## YOUR OBJECTIVE:
Which lines below contain "Type"? Copy every one of them.

## RECORDS FOR THE TASK:
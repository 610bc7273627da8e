-- ===== src/Coordinator/Backups.antt =====
-- pkg/coordinator/backups.go: the schedules, the records of the stored backups, which of them a node
-- is recovered from, and which are pruned. The blob store is an interface.
pub mod Remaining
pub mod Deleting
pub mod Latest
mod Tests
use zincsearch.Prelude.{
  ℕ, zero, suc, ◌+◌, String, List, [], ◌∷◌, ◌++◌, Bool, true, false, not, ◌&&◌, ◌||◌, ltb, ◌==◌,
  str_eq, if◌then◌else◌, Option, none, some, Result, ok, err, ◌>>=◌,
}
use zincsearch.Prelude.Int.{ℤ, pos, negsuc, ltb_ℤ, leb_ℤ}
use zincsearch.Text.{cat, str_lt}
use zincsearch.Time.{Instant, Duration, zero_time, is_zero, after, sub}
use zincsearch.State.Entry.{
  StateErr, not_found, conflict, invalid_key, bad_json, unavailable, Entry, Codec,
}
use zincsearch.State.Store.{Store}
use zincsearch.State.Json.{get_json, create_json, update_json}
use zincsearch.Coordinator.Config.{is_one_of}

pub data BackupStatus : Type 0 where
  uploaded verified bad : BackupStatus

-- `BackupRecord` with its `BackupInfo`, less the size and the indexes
pub record BackupRecord : Type 0 where
  pub name : String
  pub sha256 : String
  pub created_at : Instant
  pub last_applied : ℕ
  pub node : String
  pub uploaded_at : Instant
  pub status : BackupStatus
  pub checked_at : Option Instant
  pub verified_at : Option Instant
  pub note : String
  pub revision : ℕ

abbrev backup_prefix : String
backup_prefix = "backups/"

pub record Schedule : Type 0 where
  pub last_attempt : Instant
  pub last_success : Instant
  pub last_error : String

abbrev no_schedule : Schedule
no_schedule = record { last_attempt = zero_time; last_success = zero_time; last_error = "" }

-- `due`
unfoldable pub due : Duration → Schedule → Duration → Instant → Bool
due backup_retry s interval now =
    if leb_ℤ interval (pos 0)
    then false
    else if after s.last_attempt s.last_success && ltb_ℤ (sub now s.last_attempt) backup_retry
    then false
    else is_zero s.last_success || leb_ℤ interval (sub now s.last_success)

module _ {V : Type 0} (σ : Store V) (cs : Codec V Schedule) where
  schedule_or_none : Result StateErr (Schedule × ℕ) → Result StateErr (Schedule × ℕ)
  schedule_or_none (err not_found) = ok (no_schedule, 0)
  schedule_or_none r = r

  -- `loadSchedule`
  unfoldable pub load_schedule : String → σ.St → Result StateErr (Schedule × ℕ)
  unfolding schedule_or_none
  load_schedule job s = schedule_or_none (get_json σ cs s (cat "schedule/" job))

  -- one turn of the loop of `saveSchedule`, from what `loadSchedule` gave on
  write_schedule :
      String → Schedule → Result StateErr (Schedule × ℕ) → σ.St → Result StateErr ℕ × σ.St
  write_schedule job x (err e) s = (err e, s)
  write_schedule job x (ok (_, rev)) s =
      if rev == 0
      then create_json σ cs s (cat "schedule/" job) x
      else update_json σ cs s (cat "schedule/" job) x rev

  again : (σ.St → σ.St) → Result StateErr ℕ × σ.St → σ.St
  again next (err conflict, s) = next s
  again next (_, s) = s

  -- `saveSchedule`, with so many turns left
  save_loop : ℕ → String → Schedule → σ.St → σ.St
  unfolding write_schedule again
  save_loop zero job x s = s
  save_loop (suc n) job x s =
      again (λ s'. save_loop n job x s') (write_schedule job x (load_schedule job s) s)

  unfoldable pub save_schedule : String → Schedule → σ.St → σ.St
  unfolding save_loop
  save_schedule job x s = save_loop 3 job x s

-- the order of `sort.Slice`: the newest first
newer : BackupRecord → BackupRecord → Bool
newer a b =
    if not (a.created_at == b.created_at)
    then after a.created_at b.created_at
    else str_lt b.name a.name

insert : BackupRecord → List BackupRecord → List BackupRecord
unfolding newer
insert r [] = r ∷ []
insert r (x ∷ xs) = if newer r x then r ∷ x ∷ xs else x ∷ insert r xs

newest_first : List BackupRecord → List BackupRecord
unfolding insert
newest_first [] = []
newest_first (r ∷ rs) = insert r (newest_first rs)

module _ {V : Type 0} (σ : Store V) (cb : Codec V BackupRecord) where
  add_record :
      Result StateErr (BackupRecord × ℕ)
      → Result StateErr (List BackupRecord)
      → Result StateErr (List BackupRecord)
  add_record (ok (r, rev)) rest = rest >>= λ rs. ok (record r { revision = rev } ∷ rs)
  add_record (err not_found) rest = rest
  add_record (err e) rest = err e

  read_records : σ.St → List (Entry V) → Result StateErr (List BackupRecord)
  unfolding add_record
  read_records s [] = ok []
  read_records s (e ∷ es) = add_record (get_json σ cb s e.key) (read_records s es)

  -- `listBackupRecords`
  unfoldable pub list_backup_records : σ.St → Result StateErr (List BackupRecord)
  unfolding read_records newest_first
  list_backup_records s =
      σ.list s backup_prefix >>= λ es. read_records s es >>= λ rs. ok (newest_first rs)

  -- `saveRecord`
  unfoldable pub save_record : BackupRecord → σ.St → Result StateErr BackupRecord × σ.St
  save_record r s =
      let (out, s') = update_json σ cb s (cat backup_prefix r.name) r r.revision in
      (out >>= λ rev. ok (record r { revision = rev }), s')

-- The loop of `LatestUsable`; `fallback` is the newest that is uploaded so far.
latest_loop : Option BackupRecord → List BackupRecord → Option BackupRecord
latest_loop fallback [] = fallback
latest_loop fallback (r ∷ rs) = elim r.status [
  | verified ↦ some r
  | uploaded ↦ latest_loop (elim fallback [ none ↦ some r | some f ↦ some f ]) rs
  | bad ↦ latest_loop fallback rs
]

-- `LatestUsable` on the records; `none` is `ErrNoBackups`
unfoldable pub latest_usable : List BackupRecord → Option BackupRecord
unfolding latest_loop
latest_usable rs = latest_loop none rs

abbrev is_bad : BackupStatus → Bool
is_bad bad = true
is_bad _ = false

abbrev is_verified : BackupStatus → Bool
is_verified verified = true
is_verified _ = false

-- the first loop of `Prune`: the names to keep, and how many are usable
mark : ℤ → ℕ → List BackupRecord → List String × ℕ
mark retention usable [] = ([], usable)
mark retention usable (r ∷ rs) =
    let (keep, n) = mark retention (suc usable) rs in
    let (keep', n') = mark retention usable rs in
    if is_bad r.status
    then (keep', n')
    else if leb_ℤ (pos (suc usable)) retention
    then (r.name ∷ keep, n)
    else (keep, n)

-- the second loop: the newest verified one
newest_verified : List BackupRecord → List String
newest_verified [] = []
newest_verified (r ∷ rs) = if is_verified r.status then r.name ∷ [] else newest_verified rs

-- those that the third loop passes over
stays : List String → List BackupRecord → List BackupRecord
stays keep [] = []
stays keep (r ∷ rs) = let rest = stays keep rs in if is_one_of r.name keep then r ∷ rest else rest

-- those that it deletes
goes : List String → List BackupRecord → List BackupRecord
goes keep [] = []
goes keep (r ∷ rs) = let rest = goes keep rs in if is_one_of r.name keep then rest else r ∷ rest

-- `keep` of `Prune`
unfoldable pub keep_set : ℤ → List BackupRecord → List String
unfolding mark newest_verified
keep_set retention rs = (mark retention 0 rs).0 ++ newest_verified rs

-- What `Prune` deletes, in this order, and what it leaves.
unfoldable pub doomed : ℤ → List BackupRecord → List BackupRecord
unfolding mark goes
doomed retention rs = if (mark retention 0 rs).1 == 0 then [] else goes (keep_set retention rs) rs

unfoldable pub remaining : ℤ → List BackupRecord → List BackupRecord
unfolding mark stays
remaining retention rs =
    if (mark retention 0 rs).1 == 0 then rs else stays (keep_set retention rs) rs

-- the operations of the blob store that `Prune` uses
pub record Blobs : Type 1 where
  pub Db : Type 0
  pub delete : Db → String → Bool × Db

module _ {V : Type 0} (σ : Store V) (β : Blobs) where
  delete_record : BackupRecord → σ.St × β.Db → List String × (σ.St × β.Db)
  delete_record r (s, b) =
      let (deleted, b') = β.delete b r.name in
      let (out, s') = σ.delete s (cat backup_prefix r.name) in
      elim deleted [
        | false ↦ (cat "delete " r.name ∷ [], (s, b'))
        | true ↦ elim out [ ok _ ↦ ([], (s', b')) | err e ↦ (cat "forget " r.name ∷ [], (s', b')) ]
      ]

  -- the third loop of `Prune`, with the errors that it joins
  unfoldable pub delete_all : List BackupRecord → σ.St × β.Db → List String × (σ.St × β.Db)
  unfolding delete_record
  delete_all [] w = ([], w)
  delete_all (r ∷ rs) w =
      let (errs, w') = delete_record r w in
      let (errs', w'') = delete_all rs w' in (errs ++ errs', w'')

## THE COMPLETED TASK:
pub data BackupStatus : Type 0 where
pub record BackupRecord : Type 0 where
pub record Schedule : Type 0 where
module _ {V : Type 0} (σ : Store V) (cs : Codec V Schedule) where
module _ {V : Type 0} (σ : Store V) (cb : Codec V BackupRecord) where
pub record Blobs : Type 1 where
  pub Db : Type 0
module _ {V : Type 0} (σ : Store V) (β : Blobs) where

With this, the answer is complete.